Input records: Begin

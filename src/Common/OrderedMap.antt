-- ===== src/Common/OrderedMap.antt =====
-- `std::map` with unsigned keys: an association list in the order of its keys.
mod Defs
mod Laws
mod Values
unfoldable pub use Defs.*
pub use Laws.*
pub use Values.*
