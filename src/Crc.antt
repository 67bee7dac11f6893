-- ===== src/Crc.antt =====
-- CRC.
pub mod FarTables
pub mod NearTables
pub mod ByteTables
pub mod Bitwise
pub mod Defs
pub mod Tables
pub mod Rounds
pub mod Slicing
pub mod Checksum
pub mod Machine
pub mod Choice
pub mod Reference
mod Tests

Input records: End
Input records: Begin

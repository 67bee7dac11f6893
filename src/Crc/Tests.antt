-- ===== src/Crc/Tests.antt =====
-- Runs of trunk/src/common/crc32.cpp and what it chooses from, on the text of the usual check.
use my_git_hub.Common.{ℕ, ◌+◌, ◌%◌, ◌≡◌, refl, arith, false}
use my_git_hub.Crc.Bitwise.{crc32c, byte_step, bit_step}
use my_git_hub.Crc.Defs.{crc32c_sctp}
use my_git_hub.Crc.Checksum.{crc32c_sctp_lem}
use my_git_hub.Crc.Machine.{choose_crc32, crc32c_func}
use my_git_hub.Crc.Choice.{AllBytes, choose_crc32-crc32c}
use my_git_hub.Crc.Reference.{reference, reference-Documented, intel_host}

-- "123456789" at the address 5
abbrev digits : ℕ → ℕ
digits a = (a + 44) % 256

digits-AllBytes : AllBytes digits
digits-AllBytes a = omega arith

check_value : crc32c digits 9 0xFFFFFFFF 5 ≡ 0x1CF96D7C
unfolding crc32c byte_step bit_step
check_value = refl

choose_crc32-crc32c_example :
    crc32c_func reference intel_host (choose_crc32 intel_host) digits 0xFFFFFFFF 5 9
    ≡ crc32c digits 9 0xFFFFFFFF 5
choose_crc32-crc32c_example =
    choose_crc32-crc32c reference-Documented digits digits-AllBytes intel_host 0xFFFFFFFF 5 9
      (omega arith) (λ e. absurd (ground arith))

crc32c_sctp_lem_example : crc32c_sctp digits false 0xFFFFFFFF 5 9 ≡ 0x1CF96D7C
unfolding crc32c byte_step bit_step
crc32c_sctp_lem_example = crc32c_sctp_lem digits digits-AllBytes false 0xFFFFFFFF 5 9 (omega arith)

Input records: End
Input records: Begin

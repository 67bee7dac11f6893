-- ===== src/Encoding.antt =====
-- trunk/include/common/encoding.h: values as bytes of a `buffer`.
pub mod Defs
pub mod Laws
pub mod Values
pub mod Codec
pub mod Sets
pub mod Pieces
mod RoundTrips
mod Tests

Input records: End

**Problem statement**. From the records above, transcribe without alteration every line from the one with "filename src/Common/OrderedMap.antt" to the one with "filename src/Crc.antt", inclusive.

**Answer to this problem**.
filename src/Common/OrderedMap.antt
-- ===== src/Common/OrderedMap.antt =====
-- `std::map` with unsigned keys: an association list in the order of its keys.
mod Defs
mod Laws
mod Values
unfoldable pub use Defs.*
pub use Laws.*
pub use Values.*
filename src/Crc.antt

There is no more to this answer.